Moderator: Liv Valmested, Univ. of Manitoba
Speakers:
Amy Furness and Georgiana Uhlyarik, Art Gallery of Ontario, " Betty Goodwin: Work Notes"
Tobi Bruce, Art Gallery of Hamilton, "William Kurelek, The Messenger"
Randall Speller, Art Gallery of Ontario, retired, "Thoreau on Thoreau: a Canadian look at an American Classic"
The 2010-2011 exhibition Betty Goodwin: Work Notes featured over 80 of the artist’s notebooks, tracing ideas and visual motifs through five decades of Goodwin’s career and including just six works of art. Far from being an “archival” show, the exhibition was an outstanding success as a contemporary art installation, and was named the top exhibition of the year by the Toronto Star.
Canadian painter William Kurelek was an intriguing combination of everyman and visionary, and his work, currently on view at the Art Gallery of Hamilton, is equally complex. In 1997 Kurelek’s widow deposited 4000 photographic images taken by her husband to Library and Archives Canada. An exploration of this body of work vis-à-vis the painter’s oeuvre allows us to reconsider the ways in which he structured his compositions by using photography to reconcile image, memory and place.

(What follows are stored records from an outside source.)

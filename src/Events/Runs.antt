-- ===== src/Events/Runs.antt =====
-- llm/mod.rs and conn_filter.rs: over any run, every event is handled and every connection stays sound.
use mathlib.Core.Path.{subst}
use honeybeepf_llm.Prelude.{
  ℕ, ◌≤◌, ◌≡◌, refl, sym, Bool, true, false, Bool-cases, inl, inr, not, ◌||◌, Option, none, some,
  List, [], ◌∷◌, Bytes, length, ◌==◌, arith,
}
use honeybeepf_llm.Prelude.Maps
use honeybeepf_llm.Prelude.Maps.{
  Map, Distinct, Every, OfSome, Every-lookup, Every-insert, Every-remove, insert-Distinct,
  remove-Distinct,
}
use honeybeepf_llm.SslClass.Entry.{ClassEntry}
use honeybeepf_llm.Background.Calls.{PendingCall, is_idle, expire}
use honeybeepf_llm.Background.Bounds.{IsBounded}
use honeybeepf_llm.Processor.Types.{Http, Node, Call}
use honeybeepf_llm.Processor.Settle.{count_unparsed, give_up}
use honeybeepf_llm.Processor.Sound.Invariant.{IsSound}
use honeybeepf_llm.Events.Loop.{
  EventHeader, key_of, Streams, Routed, route_event, System, in_progress, opens_foreign_request,
  skip_if_foreign, routed, route_unless, on_event, is_retained, drop_state, retain, give_up_all,
  clean_up, Input, arrives, cleans, step, run,
}
use honeybeepf_llm.Events.Sound.{EachSound, ReturnsRouted, route_event-ReturnsRouted}

module _ {P : Type 0} where
  expired_missing :
      (k : Bytes) (now : ℕ) (calls : Map (PendingCall P))
      → Maps.contains_key k calls ≡ false
      → Maps.contains_key k (expire now calls).1 ≡ false
  unfolding expire
  expired_missing k now [] h = refl
  expired_missing k now ((j, c) ∷ calls) h = ground (arith, expired_missing k now calls)

  expired_length :
      (now : ℕ) (calls : Map (PendingCall P)) → length (expire now calls).1 ≤ length calls
  unfolding expire
  expired_length now [] = omega arith
  expired_length now ((k, c) ∷ calls) = ground (arith, expired_length now calls)

  expire-IsBounded :
      (now : ℕ) (calls : Map (PendingCall P)) → IsBounded calls → IsBounded (expire now calls).1
  unfolding expire
  expire-IsBounded now [] b = b
  expire-IsBounded now ((k, c) ∷ calls) b =
      let kept = expire-IsBounded now calls (omega (arith, b.0), b.1.1) in
      elim (Bool-cases (is_idle now c)) [
        | inl idle ↦ rw idle kept
        | inr busy ↦ rw busy (
          omega (arith, b.0, expired_length now calls),
          (expired_missing k now calls b.1.0, kept.1),
        )
      ]

module _ (H : Http) where
  -- Each connection is sound and stands under one key, and so do the background calls.
  abbrev pub SystemOk : System H → Type 0
  SystemOk s = EachSound H s.streams × IsBounded s.node.calls

  abbrev pub RunsOk : Option (System H) → Type 0
  RunsOk none = ⊥
  RunsOk (some s) = SystemOk s

  routed-RunsOk :
      (classes : Map ClassEntry) (o : Option (Routed H))
      → ReturnsRouted H o
      → RunsOk (routed H classes o)
  routed-RunsOk classes none h = h
  routed-RunsOk classes (some (streams, node, outcome)) h = h

  retain_missing :
      (k : Bytes) (now : ℕ) (streams : Streams H) (node : ℕ)
      → Maps.contains_key k streams ≡ false
      → Maps.contains_key k (retain H now streams node).0 ≡ false
  unfolding retain
  retain_missing k now [] node h = refl
  retain_missing k now ((j, p) ∷ streams) node h = elim (Bool-cases (is_retained H now p)) [
    | inl keeps ↦ rw keeps (ground (arith, retain_missing k now streams node))
    | inr drops ↦ rw drops (retain_missing k now streams (drop_state H p.state node) (ground arith))
  ]

  retain-EachSound :
      (now : ℕ) (streams : Streams H) (node : ℕ)
      → EachSound H streams
      → EachSound H (retain H now streams node).0
  unfolding retain
  retain-EachSound now [] node each = each
  retain-EachSound now ((k, p) ∷ streams) node each = elim (Bool-cases (is_retained H now p)) [
    | inl keeps ↦
        let rest = retain-EachSound now streams node (each.0.1, each.1.1) in
        rw keeps ((each.0.0, rest.0), (retain_missing k now streams node each.1.0, rest.1))
    | inr drops ↦
        rw drops (retain-EachSound now streams (drop_state H p.state node) (each.0.1, each.1.1))
  ]

  given_up-calls :
      (gone : List (PendingCall H.Pod)) (node : Node H.Pod)
      → Node.calls (give_up_all H gone node) ≡ node.calls
  unfolding give_up_all give_up count_unparsed
  given_up-calls [] node = refl
  given_up-calls (call ∷ calls) node = given_up-calls calls (give_up call node)

  clean_up-SystemOk : (now : ℕ) (s : System H) → SystemOk s → SystemOk (clean_up H now s)
  unfolding clean_up
  clean_up-SystemOk now s ok = (
    retain-EachSound now s.streams s.node.midjoin_bytes ok.0,
    subst IsBounded (sym (given_up-calls (expire now s.node.calls).0 _))
        (expire-IsBounded now s.node.calls ok.1),
  )

  module _ (has_foreign_host : Bytes → Bool) where
    skip_if_foreign-SystemOk :
        (header : EventHeader) (bytes : Bytes) (s : System H)
        → SystemOk s
        → SystemOk (skip_if_foreign H has_foreign_host header bytes s).1
    unfolding skip_if_foreign
    skip_if_foreign-SystemOk header bytes s ok =
        elim (Bool-cases (
          not (opens_foreign_request H has_foreign_host header bytes)
          || in_progress H (Maps.lookup (key_of header) s.streams))) [
            | inl stays ↦ rw stays ok
            | inr skips ↦ rw skips (
              (
                Every-remove (IsSound H) (key_of header) s.streams ok.0.0,
                remove-Distinct (key_of header) s.streams ok.0.1,
              ),
              ok.1,
            )
          ]

    route_unless-RunsOk :
        (r : Bool × System H) (header : EventHeader) (bytes : Bytes) (call : Call H.Pod)
        → SystemOk (r.1)
        → RunsOk (route_unless H has_foreign_host r header bytes call)
    route_unless-RunsOk (true, s) header bytes call ok = ok
    route_unless-RunsOk (false, s) header bytes call ok =
        routed-RunsOk s.classes (route_event H header bytes call s.streams s.node)
          (route_event-ReturnsRouted H header bytes call s.streams s.node ok.0 ok.1)

    step-RunsOk :
        (input : Input H) (s : System H) → SystemOk s → RunsOk (step H has_foreign_host input s)
    unfolding on_event
    step-RunsOk (arrives header bytes call) s ok = elim (Bool-cases (header.is_handshake == 1)) [
      | inl handshakes ↦ rw handshakes ok
      | inr other ↦ rw other (
          route_unless-RunsOk (skip_if_foreign H has_foreign_host header bytes s) header bytes call
            (skip_if_foreign-SystemOk header bytes s ok))
    ]
    step-RunsOk (cleans now) s ok = clean_up-SystemOk now s ok

    after_step :
        (o : Option (System H)) (inputs : List (Input H))
        → RunsOk o
        → ((s : System H) → SystemOk s → RunsOk (run H has_foreign_host inputs s))
        → RunsOk (elim o [ none ↦ none | some s ↦ run H has_foreign_host inputs s ])
    after_step none inputs h later = h
    after_step (some s) inputs h later = later s h

    -- From streams that are sound connections and background calls that are at most 4096, each
    -- under one key, any sequence of captured events and clean-up rounds is handled to its end,
    -- and leaves the streams and the calls so, whatever the events hold and whichever hosts are
    -- foreign.
    pub run-RunsOk :
        (inputs : List (Input H)) (s : System H)
        → SystemOk s
        → RunsOk (run H has_foreign_host inputs s)
    unfolding run
    run-RunsOk [] s ok = ok
    run-RunsOk (input ∷ inputs) s ok =
        after_step (step H has_foreign_host input s) inputs (step-RunsOk input s ok)
          (run-RunsOk inputs)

J.E.H. MacDonald, a founding member of the Group of Seven, was a devotee of Henry David Thoreau, going so far as to name his only child after the philosopher. Subsequently, Thoreau MacDonald, one of Canada’s foremost illustrators and book designers, admitted to a lifelong affinity for his namesake. A recently re-discovered 1933 manuscript of illustrations and book designs by him for an unpublished illustrated edition of Walden has now come into the collection Edward P. Taylor Research Library and Archives (Art Gallery of Ontario).